Data for this task
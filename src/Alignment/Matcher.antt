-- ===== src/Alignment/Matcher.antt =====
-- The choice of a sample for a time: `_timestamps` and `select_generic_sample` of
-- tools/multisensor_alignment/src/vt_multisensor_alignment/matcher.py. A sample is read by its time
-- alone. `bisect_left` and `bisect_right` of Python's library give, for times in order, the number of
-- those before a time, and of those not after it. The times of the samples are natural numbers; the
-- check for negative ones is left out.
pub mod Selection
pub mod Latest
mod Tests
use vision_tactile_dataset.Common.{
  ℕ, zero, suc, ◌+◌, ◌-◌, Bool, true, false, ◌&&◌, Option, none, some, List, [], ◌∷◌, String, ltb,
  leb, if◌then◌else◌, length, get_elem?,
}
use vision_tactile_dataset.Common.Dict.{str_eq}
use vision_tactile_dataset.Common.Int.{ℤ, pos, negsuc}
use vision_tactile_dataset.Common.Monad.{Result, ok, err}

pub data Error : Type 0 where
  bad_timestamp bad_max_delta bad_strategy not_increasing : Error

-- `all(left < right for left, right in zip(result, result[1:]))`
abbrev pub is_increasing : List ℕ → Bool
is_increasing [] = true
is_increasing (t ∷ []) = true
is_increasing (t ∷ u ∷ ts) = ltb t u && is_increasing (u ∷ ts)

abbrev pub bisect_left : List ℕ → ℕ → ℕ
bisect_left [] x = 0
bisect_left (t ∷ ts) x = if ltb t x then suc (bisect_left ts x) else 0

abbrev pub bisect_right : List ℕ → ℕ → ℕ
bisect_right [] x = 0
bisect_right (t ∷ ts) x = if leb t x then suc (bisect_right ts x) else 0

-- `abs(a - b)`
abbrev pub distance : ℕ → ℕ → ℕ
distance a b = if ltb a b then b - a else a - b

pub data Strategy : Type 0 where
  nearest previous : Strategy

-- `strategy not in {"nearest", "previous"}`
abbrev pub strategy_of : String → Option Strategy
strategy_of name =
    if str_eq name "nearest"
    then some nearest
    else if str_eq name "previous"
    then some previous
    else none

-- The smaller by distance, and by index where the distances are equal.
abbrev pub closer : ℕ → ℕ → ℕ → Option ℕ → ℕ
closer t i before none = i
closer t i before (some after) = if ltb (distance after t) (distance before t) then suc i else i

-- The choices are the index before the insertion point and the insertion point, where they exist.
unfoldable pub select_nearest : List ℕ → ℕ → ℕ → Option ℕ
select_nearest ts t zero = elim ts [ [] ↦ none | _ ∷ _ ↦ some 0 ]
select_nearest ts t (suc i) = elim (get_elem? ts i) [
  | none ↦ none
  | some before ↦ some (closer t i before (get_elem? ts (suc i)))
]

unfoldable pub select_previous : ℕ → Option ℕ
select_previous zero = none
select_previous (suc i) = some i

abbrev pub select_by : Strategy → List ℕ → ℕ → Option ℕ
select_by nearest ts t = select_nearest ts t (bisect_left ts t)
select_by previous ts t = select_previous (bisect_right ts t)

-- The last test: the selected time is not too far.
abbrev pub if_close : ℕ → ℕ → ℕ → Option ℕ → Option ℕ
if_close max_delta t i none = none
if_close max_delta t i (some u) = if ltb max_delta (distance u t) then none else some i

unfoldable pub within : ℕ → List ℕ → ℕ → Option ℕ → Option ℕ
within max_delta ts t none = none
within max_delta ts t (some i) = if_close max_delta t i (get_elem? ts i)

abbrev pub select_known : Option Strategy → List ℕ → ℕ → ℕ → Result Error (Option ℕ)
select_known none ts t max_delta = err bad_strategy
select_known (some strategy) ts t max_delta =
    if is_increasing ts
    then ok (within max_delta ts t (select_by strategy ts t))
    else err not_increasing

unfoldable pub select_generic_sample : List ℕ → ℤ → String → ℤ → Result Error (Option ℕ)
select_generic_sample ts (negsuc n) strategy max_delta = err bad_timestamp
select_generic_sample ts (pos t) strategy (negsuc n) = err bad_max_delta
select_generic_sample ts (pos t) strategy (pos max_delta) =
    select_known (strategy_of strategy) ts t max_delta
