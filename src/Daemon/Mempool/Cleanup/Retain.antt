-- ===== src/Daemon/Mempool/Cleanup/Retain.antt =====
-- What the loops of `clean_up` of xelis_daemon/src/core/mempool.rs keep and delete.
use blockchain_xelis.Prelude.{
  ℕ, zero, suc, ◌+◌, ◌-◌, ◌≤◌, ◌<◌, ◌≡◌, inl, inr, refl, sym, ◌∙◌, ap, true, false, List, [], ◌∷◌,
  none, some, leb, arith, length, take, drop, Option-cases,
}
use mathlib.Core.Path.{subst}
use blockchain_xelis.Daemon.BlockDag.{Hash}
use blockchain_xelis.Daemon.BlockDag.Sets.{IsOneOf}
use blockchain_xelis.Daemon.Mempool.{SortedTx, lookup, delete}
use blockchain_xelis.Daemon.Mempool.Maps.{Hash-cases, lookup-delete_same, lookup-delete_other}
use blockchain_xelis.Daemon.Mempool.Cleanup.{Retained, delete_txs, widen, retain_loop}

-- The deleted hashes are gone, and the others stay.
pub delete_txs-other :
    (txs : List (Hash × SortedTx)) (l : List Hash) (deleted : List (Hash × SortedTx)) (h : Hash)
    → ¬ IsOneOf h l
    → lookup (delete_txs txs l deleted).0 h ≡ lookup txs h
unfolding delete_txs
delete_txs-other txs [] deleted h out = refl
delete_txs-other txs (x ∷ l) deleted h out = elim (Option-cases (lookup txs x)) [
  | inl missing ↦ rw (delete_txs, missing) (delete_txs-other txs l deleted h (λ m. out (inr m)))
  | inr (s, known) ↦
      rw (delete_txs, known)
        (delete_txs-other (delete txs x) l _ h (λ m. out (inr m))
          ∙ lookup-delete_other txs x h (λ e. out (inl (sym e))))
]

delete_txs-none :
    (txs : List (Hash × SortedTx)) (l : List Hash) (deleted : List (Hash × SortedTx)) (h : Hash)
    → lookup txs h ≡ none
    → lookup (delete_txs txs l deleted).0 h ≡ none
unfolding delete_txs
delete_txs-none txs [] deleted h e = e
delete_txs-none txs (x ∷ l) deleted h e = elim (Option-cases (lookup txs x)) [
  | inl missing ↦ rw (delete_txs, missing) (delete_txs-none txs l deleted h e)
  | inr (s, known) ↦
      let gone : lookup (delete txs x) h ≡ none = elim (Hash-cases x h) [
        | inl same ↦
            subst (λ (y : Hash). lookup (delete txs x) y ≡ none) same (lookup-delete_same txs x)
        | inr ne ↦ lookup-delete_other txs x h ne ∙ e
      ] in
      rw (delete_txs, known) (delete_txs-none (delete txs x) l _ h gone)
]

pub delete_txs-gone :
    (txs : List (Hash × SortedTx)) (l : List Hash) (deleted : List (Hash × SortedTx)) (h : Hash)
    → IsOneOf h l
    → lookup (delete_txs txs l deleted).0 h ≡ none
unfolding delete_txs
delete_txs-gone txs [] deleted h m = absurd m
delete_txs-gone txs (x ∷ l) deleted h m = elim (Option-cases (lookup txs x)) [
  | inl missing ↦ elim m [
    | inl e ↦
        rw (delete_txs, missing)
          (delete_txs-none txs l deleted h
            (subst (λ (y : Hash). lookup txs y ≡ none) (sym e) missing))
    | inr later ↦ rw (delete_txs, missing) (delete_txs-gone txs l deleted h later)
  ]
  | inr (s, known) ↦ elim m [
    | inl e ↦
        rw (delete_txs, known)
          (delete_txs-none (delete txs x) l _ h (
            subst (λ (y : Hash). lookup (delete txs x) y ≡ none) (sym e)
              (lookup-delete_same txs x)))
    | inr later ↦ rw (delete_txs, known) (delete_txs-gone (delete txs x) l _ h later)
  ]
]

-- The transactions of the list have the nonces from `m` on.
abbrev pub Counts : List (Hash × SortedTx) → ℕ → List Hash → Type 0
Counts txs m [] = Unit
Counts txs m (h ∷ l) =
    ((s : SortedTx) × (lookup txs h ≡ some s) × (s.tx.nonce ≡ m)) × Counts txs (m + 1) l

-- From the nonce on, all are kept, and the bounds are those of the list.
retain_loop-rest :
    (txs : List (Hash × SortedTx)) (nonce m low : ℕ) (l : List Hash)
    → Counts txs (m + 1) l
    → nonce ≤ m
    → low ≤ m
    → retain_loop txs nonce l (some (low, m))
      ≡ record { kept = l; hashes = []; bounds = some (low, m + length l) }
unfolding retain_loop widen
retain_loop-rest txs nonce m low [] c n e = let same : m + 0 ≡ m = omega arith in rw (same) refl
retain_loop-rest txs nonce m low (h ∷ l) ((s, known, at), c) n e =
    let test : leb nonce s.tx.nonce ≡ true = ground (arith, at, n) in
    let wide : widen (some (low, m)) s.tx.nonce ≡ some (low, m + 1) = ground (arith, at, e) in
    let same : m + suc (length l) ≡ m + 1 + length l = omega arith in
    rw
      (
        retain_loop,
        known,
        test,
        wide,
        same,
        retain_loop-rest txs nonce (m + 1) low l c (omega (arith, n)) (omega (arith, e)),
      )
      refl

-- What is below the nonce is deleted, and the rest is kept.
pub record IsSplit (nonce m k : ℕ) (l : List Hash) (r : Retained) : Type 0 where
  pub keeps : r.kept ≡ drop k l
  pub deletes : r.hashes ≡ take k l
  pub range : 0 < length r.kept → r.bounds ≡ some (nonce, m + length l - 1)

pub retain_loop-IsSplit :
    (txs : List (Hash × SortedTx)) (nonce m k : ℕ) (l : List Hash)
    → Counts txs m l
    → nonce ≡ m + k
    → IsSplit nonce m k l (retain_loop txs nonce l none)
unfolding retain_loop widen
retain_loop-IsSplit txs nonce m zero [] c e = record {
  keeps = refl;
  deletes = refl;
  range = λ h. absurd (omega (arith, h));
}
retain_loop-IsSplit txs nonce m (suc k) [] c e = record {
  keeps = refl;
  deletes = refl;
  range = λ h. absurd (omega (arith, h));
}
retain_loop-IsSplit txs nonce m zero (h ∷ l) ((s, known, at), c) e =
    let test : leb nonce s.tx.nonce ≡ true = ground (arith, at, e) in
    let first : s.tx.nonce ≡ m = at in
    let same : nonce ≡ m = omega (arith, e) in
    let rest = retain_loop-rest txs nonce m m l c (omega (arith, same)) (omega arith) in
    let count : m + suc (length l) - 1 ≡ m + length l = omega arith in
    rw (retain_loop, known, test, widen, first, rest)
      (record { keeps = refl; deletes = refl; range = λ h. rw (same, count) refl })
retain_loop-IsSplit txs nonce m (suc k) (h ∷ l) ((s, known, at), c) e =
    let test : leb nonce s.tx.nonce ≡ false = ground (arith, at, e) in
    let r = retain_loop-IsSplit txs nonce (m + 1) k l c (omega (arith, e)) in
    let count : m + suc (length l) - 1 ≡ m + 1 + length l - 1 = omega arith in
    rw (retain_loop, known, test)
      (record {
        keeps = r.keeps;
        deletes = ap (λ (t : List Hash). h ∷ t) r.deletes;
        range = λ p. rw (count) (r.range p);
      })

Exercise
Return, exactly as they stand, the lines from the start of the records above through the line with "by its time", both ends included, and no other lines.

Problem solution
filename src/Alignment/Matcher.antt
-- ===== src/Alignment/Matcher.antt =====
-- The choice of a sample for a time: `_timestamps` and `select_generic_sample` of
-- tools/multisensor_alignment/src/vt_multisensor_alignment/matcher.py. A sample is read by its time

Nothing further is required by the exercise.